Symptoms of anxiety in children are not always obvious. Parents often don't realise their children are displaying signs of anxiety. If your child suffers with any of the following, they may be suffering with anxiety:
Repetitive behaviours eg. sucking or chewing clothes
Social phobia eg. not wanting to go to parties
Selective Mutism eg. an inablity to speak at certain times and/or places
Specific Phobias eg. fear of the dark, fear of being alone in a room
Uncontrollable angry outbursts
Fear of new foods
Excessive nail biting
Incessant criticisms of the self - either out loud or in their mind
Seperation Anxiety - occurs in younger children under the age of 12
Obsessive Compulsive Disorder - this can be mental or physical (please see box to the right for more info)
Sudden inability to sleep
Constant moving, fidgeting etc
Kids with Anxiety
OCD or Obsessive Compulsive Disorder is becoming more and more common in children under the age of 12. OCD can occur ONLY in the mind and therefore can go undetected by parents.

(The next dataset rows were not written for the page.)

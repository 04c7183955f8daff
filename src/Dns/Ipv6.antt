-- ===== src/Dns/Ipv6.antt =====
-- The addresses that `parse::<std::net::IpAddr>` reads: of version 4, or of version 6 as groups of at
-- most four hexadecimal digits, of which `::` leaves out one or more, and the last two of which may
-- be written as an address of version 4.
use dns_relay.Prelude.{
  ℕ, zero, suc, ◌-◌, Bool, true, false, ◌&&◌, ◌||◌, Option, none, some, [], ◌∷◌, ◌==◌,
  if◌then◌else◌, leb, drop,
}
use dns_relay.Prelude.Slices.{Bytes}
use dns_relay.Dns.Text.{between, is_empty}
use dns_relay.Dns.Text.Affix.{strip_prefix}
use dns_relay.Dns.Text.Spaces.{is_some}
use dns_relay.Dns.Ipv4.{parse_ipv4}

abbrev is_hex_digit : ℕ → Bool
is_hex_digit b = between b'0' b'9' b || between b'a' b'f' b || between b'A' b'F' b

abbrev count_hex : Bytes → ℕ
count_hex [] = 0
count_hex (b ∷ s) = let rest = count_hex s in if is_hex_digit b then suc rest else 0

-- The number of groups read, whether they end with an address of version 4, and the text behind them.
abbrev Groups : Type 0
Groups = ℕ × Bool × Bytes

abbrev one_more : Groups → Groups
one_more (count, ends_v4, rest) = (suc count, ends_v4, rest)

abbrev after_colon : Bool → Bytes → Option Bytes
after_colon first s = if first then some s else strip_prefix (b':' ∷ []) s

abbrev read_group : Bytes → (Bytes → Groups) → Bool → Bytes → Groups
read_group s next two_left t =
    let more = one_more (next (drop (count_hex t) t)) in
    if two_left && is_some (parse_ipv4 t)
    then (2, true, [])
    else if leb 1 (count_hex t) && leb (count_hex t) 4
    then more
    else (0, false, s)

abbrev read_after : Bytes → (Bytes → Groups) → Bool → Option Bytes → Groups
read_after s next two_left none = (0, false, s)
read_after s next two_left (some t) = read_group s next two_left t

read_groups : ℕ → Bool → Bytes → Groups
unfolding parse_ipv4 strip_prefix
read_groups zero first s = (0, false, s)
read_groups (suc limit) first s =
    read_after s (read_groups limit false) (leb 1 limit) (after_colon first s)

abbrev ends_there : Groups → Bool
ends_there (count, ends_v4, rest) = is_empty rest

abbrev tail_ends : ℕ → Option Bytes → Bool
tail_ends limit none = false
tail_ends limit (some t) = ends_there (read_groups limit true t)

abbrev whole : Groups → Bool
whole (count, ends_v4, rest) =
    if count == 8
    then is_empty rest
    else if ends_v4
    then false
    else tail_ends (7 - count) (strip_prefix (b':' ∷ b':' ∷ []) rest)

-- `s.parse::<IpAddr>().is_ok()`
unfoldable pub is_ip_address : Bytes → Bool
unfolding read_groups parse_ipv4 strip_prefix
is_ip_address s = is_some (parse_ipv4 s) || whole (read_groups 8 true s)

All people experience 'intrustive thoughts' during their lifetimes. We may look over the edge of a tall building and think to ourselves: Should I jump? Or we may be so angry about something that we want to hurt someone. This is normal. It is simply an 'intrusive thought', it comes and it goes. However sufferers of anxiety may grab onto the disturbing thought and fixate on it. This often makes them feel 'bad on the inside'. The intrusive thoughts are repetitive and relentless. Examples of obssesive thoughts can be a fear of death, illness, causing harm to others, voices telling them to do something, undesirable sexual thoughts etc.
These are acts or rituals carried out by the sufferer. Eg. Touching things or people a certain number of times, counting things, washing hands, repeating tasks or actions etc. These rituals become the response to the fear in their mind. The ritual keeps them safe. Sufferers of this disorder feel less anxious once they have carried out a compulsion. However, it is not long before the 'intrusive thought' occurs again and the sufferer has to carry out the ritual again.
"I have to touch someone at least three times, if I don't do this, I know something bad is going to happen. But I can't let the person know which causes me more yucky feelings. And I can't think about anything else until I have done it."
- Confessions of a 8-year old OCD sufferer.
a SKILL FOR LIFE
Once your child has had a few sessions of Tapping, they will be able to tap on themselves whenever they need to. Tapping is simple and easy to use. My younger clients quite happily tap by themselves, as and when, they feel the need to. It is a skill they will have for life. They can use this skill for any future event in their life. If they go away to camp and they feel nervous at night, if they are stressed about an upcoming exam or are afraid to go the dentist - they will have acquired lifelong skill.
And they will feel empowered when their friends or siblings need help to. Many of my young clients excitedly tell me that they 'tapped' with their friend at school who was scared or nervous.